Higgs Boson Predictors Awarded the 2013 Nobel Physics Prize

Two scientists who predicted how particles gain mass shared the prestigious award, now that Large Hadron Collider experiments have confirmed the theory

Peter Higgs and Francois Englert waited 48 years for their theory to be proven by experiment, and then a year more for the ultimate scientific seal of approval: the Nobel Prize.
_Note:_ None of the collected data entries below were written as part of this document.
-- ===== src/Projects/Create.antt =====
-- Creation of a Workspace: `create_workspace` of src/core/project_manager.cpp.
use tribios_vfs.Common.{
  ℕ, Bool, true, false, [], ◌∷◌, ◌++◌, Bytes, codes, is_empty, Option, none, some, ◌==◌, ◌-◌, ◌^◌,
  not, if◌then◌else◌,
}
use tribios_vfs.Store.Types.{
  Int64, Database, RecoveryOperation, prepared, WorkspaceState, WorkspaceRecord, creating, active,
  reclaimed,
}
use tribios_vfs.Store.Sql.{Outcome, ok, error}
use tribios_vfs.Store.Workspaces.{save_workspace_record, load_workspace_record}
use tribios_vfs.Store.Journal.{begin_recovery_operation, abandon_recovery_operation}
use tribios_vfs.Engine.Host.{Tree, Node, dir, reg}
use tribios_vfs.Projects.Names.{is_valid_workspace_name, path_join}
use tribios_vfs.Projects.Git.{
  git_dir_name, register_linked_worktree, rollback_linked_worktree_creation,
}
use tribios_vfs.Projects.State.{
  Manager, Machine, Ran, replied, upper_of, set_upper, has_name, trigger_failpoint, abandon,
  mark_reclaimed, journal_write, state_write, storage_create, git_pointer_write, active_write,
  make_upper, sync_upper, write_pointer, loading, journaling, creating_commit, active_commit,
  settling, create_after_journal, create_after_state_commit, create_after_storage,
  create_after_git_register, create_after_git_pointer, create_after_active_commit,
  create_before_reply,
}

pub record CreateResult : Type 0 where
  pub name : Bytes
  pub branch : Bytes
  pub create_us : Int64
  pub path : Bytes

-- Whether a record stands in the way of a new Workspace.
unfoldable pub in_use : Option WorkspaceRecord → Bool
in_use none = false
in_use (some r) = elim r.state [ reclaimed ↦ false | _ ↦ true ]

unfoldable pub creation : Bytes → Bytes → RecoveryOperation
creation name branch = record {
  id = 0;
  workspace = name;
  kind = codes "workspace_create";
  path = name;
  target = branch;
  phase = prepared;
  add_path_tombstone = false;
  drop_target_tombstones = false;
}

-- What the host puts at the top of a new upper tree, and the file that holds the pointer.
abbrev pub new_entry : Bytes → Node
new_entry body = record { kind = reg; mode = 0o644; body = body; atime = 0; mtime = 0; ino = 0 }

abbrev pub new_top : Node
new_top = record (new_entry []) { kind = dir; mode = 0o755 }

unfoldable pub made_upper : Option Tree → Tree
made_upper none = ([], new_top) ∷ []
made_upper (some t) = t

unfoldable pub with_pointer : Bytes → Option Tree → Tree
unfolding made_upper
with_pointer git_file t = (git_dir_name, new_entry git_file) ∷ made_upper t

module _ {W : Type 0} (m : Machine W) (name branch : Bytes) where
  abbrev pub workspace_path : Bytes
  workspace_path = path_join m.paths.mount_point name

  abbrev pub staging_path : Bytes
  staging_path = path_join m.paths.staging_dir name

  unfoldable pub fault_error : Bytes → ℕ → Outcome CreateResult
  fault_error what code = error (what ++ codes ": " ++ m.strerror code)

  unfoldable pub record_in : WorkspaceState → Int64 → WorkspaceRecord
  record_in state create_us = record {
    name = name;
    branch = branch;
    state = state;
    created_at = m.now;
    create_us = create_us;
    removed_at = 0;
    logical_remove_us = 0;
    reclaim_us = 2 ^ 64 - 1;
  }

  -- The failing ends, from the first on: each undoes more.
  unfoldable pub undo_record : ℕ → Manager W → Manager W
  unfolding abandon mark_reclaimed
  undo_record id s = abandon m id (mark_reclaimed m name s)

  unfoldable pub undo_storage : ℕ → Manager W → Manager W
  unfolding undo_record
  undo_storage id s = undo_record id (record s { dirs = set_upper name none s.dirs })

  unfoldable pub undo_git : ℕ → Manager W → Manager W
  unfolding undo_storage
  undo_git id s =
      let rolled_back =
        rollback_linked_worktree_creation m.git m.paths.root branch workspace_path staging_path
          s.git in
      undo_storage id (record s { git = rolled_back.1 })

  unfoldable pub enlisted : Outcome (Unit {0}) × Database → Manager W → Ran CreateResult × Manager W
  enlisted (error e, db) s = (replied (error e), record s { db = db })
  enlisted (ok u, db) s =
      let after = record s { db = db; engines = s.engines ++ name ∷ [] } in
      trigger_failpoint m create_before_reply after (
        replied (
            ok (record {
              name = name;
              branch = branch;
              create_us = m.elapsed;
              path = workspace_path;
            })),
        after,
      )

  unfoldable pub activated :
      ℕ → Outcome (Unit {0}) × Database → Manager W → Ran CreateResult × Manager W
  activated id (error e, db) s = (replied (error e), undo_git id s)
  activated id (ok u, db) s =
      let after = record s { db = db } in
      trigger_failpoint m create_after_active_commit after
        (enlisted (abandon_recovery_operation (m.sql settling) id db) after)

  unfoldable pub activate : ℕ → Manager W → Ran CreateResult × Manager W
  activate id s =
      if not (m.fault active_write == 0)
      then (
        replied (fault_error (codes "Workspace activation failed") (m.fault active_write)),
        undo_git id s,
      )
      else activated id
          (save_workspace_record (m.sql active_commit) (record_in active m.elapsed) s.db) s

  unfoldable pub write_git_pointer : ℕ → Bytes → Manager W → Ran CreateResult × Manager W
  write_git_pointer id git_file s =
      let after = record s {
        dirs = set_upper name (some (with_pointer git_file (upper_of name s.dirs))) s.dirs;
      } in
      if not (m.fault git_pointer_write == 0)
      then (
        replied (fault_error (codes "Workspace Git pointer failed") (m.fault git_pointer_write)),
        undo_git id s,
      )
      else if not (m.fault write_pointer == 0)
      then (
        replied (
            error (
              codes "cannot write "
              ++ path_join (path_join (path_join m.paths.workspaces_dir name) (codes "upper"))
                  git_dir_name)),
        undo_git id s,
      )
      else trigger_failpoint m create_after_git_pointer after (activate id after)

  unfoldable pub registered : ℕ → Outcome Bytes × W → Manager W → Ran CreateResult × Manager W
  registered id (error e, w) s = (replied (error e), undo_storage id (record s { git = w }))
  registered id (ok git_file, w) s =
      let after = record s { git = w } in
      trigger_failpoint m create_after_git_register after (write_git_pointer id git_file after)

  -- `create_directories(upper)` may fail, and then leaves the record and the journal as they are.
  unfoldable pub make_storage : ℕ → Manager W → Ran CreateResult × Manager W
  make_storage id s =
      let after = record s {
        dirs = set_upper name (some (made_upper (upper_of name s.dirs))) s.dirs;
      } in
      if not (m.fault storage_create == 0)
      then (
        replied (fault_error (codes "Workspace storage creation failed") (m.fault storage_create)),
        undo_record id s,
      )
      else if not (m.fault make_upper == 0)
      then (replied (fault_error (codes "cannot create Workspace storage") (m.fault make_upper)), s)
      else if not (m.fault sync_upper == 0)
      then (replied (error (codes "cannot flush Workspace storage directory")), after)
      else trigger_failpoint m create_after_storage after (
          registered id
            (register_linked_worktree m.git m.paths.root (m.populate name) branch workspace_path
              staging_path after.git)
            after)

  unfoldable pub stated :
      ℕ → Outcome (Unit {0}) × Database → Manager W → Ran CreateResult × Manager W
  stated id (error e, db) s = (replied (error e), abandon m id s)
  stated id (ok u, db) s =
      let after = record s { db = db } in
      trigger_failpoint m create_after_state_commit after (make_storage id after)

  unfoldable pub write_state : ℕ → Manager W → Ran CreateResult × Manager W
  write_state id s =
      if not (m.fault state_write == 0)
      then (
        replied (fault_error (codes "Workspace creation state failed") (m.fault state_write)),
        abandon m id s,
      )
      else stated id (save_workspace_record (m.sql creating_commit) (record_in creating 0) s.db) s

  unfoldable pub begun : Outcome ℕ × Database → Manager W → Ran CreateResult × Manager W
  begun (error e, db) s = (replied (error e), s)
  begun (ok id, db) s =
      let after = record s { db = db } in
      trigger_failpoint m create_after_journal after (write_state id after)

  unfoldable pub create_named : Manager W → Ran CreateResult × Manager W
  create_named s =
      if not (m.fault journal_write == 0)
      then (
        replied (fault_error (codes "Workspace creation journal failed") (m.fault journal_write)),
        s,
      )
      else begun (begin_recovery_operation (m.sql journaling) (creation name branch) s.db) s

unfoldable pub create_workspace :
    {W : Type 0} → Machine W → Bytes → Bytes → Manager W → Ran CreateResult × Manager W
create_workspace m name requested_branch s =
    let branch = if is_empty requested_branch then name else requested_branch in
    if not (is_valid_workspace_name name)
    then (replied (error (codes "invalid Workspace name: " ++ name)), s)
    else if has_name name s.engines
    then (replied (error (codes "Workspace already exists: " ++ name)), s)
    else if in_use (load_workspace_record (m.sql loading) name s.db)
    then (replied (error (codes "Workspace name is still in use: " ++ name)), s)
    else create_named m name branch s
The Royal Swedish Academy of Sciences announced this morning that this year’s physics award will go to the two scientists, who in 1964 predicted the existence of a tiny, essential particle called the Higgs boson long before the technology to detect it existed. The theorists’ foresight paid off on July 4, 2012, when researchers at the world’s largest particle accelerator, the Large Hadron Collider (LHC) at the CERN laboratory in Geneva, Switzerland, announced they’d found a particle matching the Higgs’ description. The boson is at the heart of physicists’ understanding of the universe, responsible for the mass in the atoms that make up galaxies, planets and people.

Higgs and Englert were the odds-on favorites to win the prize this year. In fact, media speculation was so fervent that Peter Higgs reportedly went on vacation without his phone to avoid the furor. “Rumor has it that he has gone into hiding for the rest of the week,” Nobel committee member Olga Botner of Uppsala University in Sweden said during a televised interview following the announcement. “Since this prize was so anticipated, he knew in either case, if he gets it there would be a press storm, if he doesn’t get it there would still be a press storm.”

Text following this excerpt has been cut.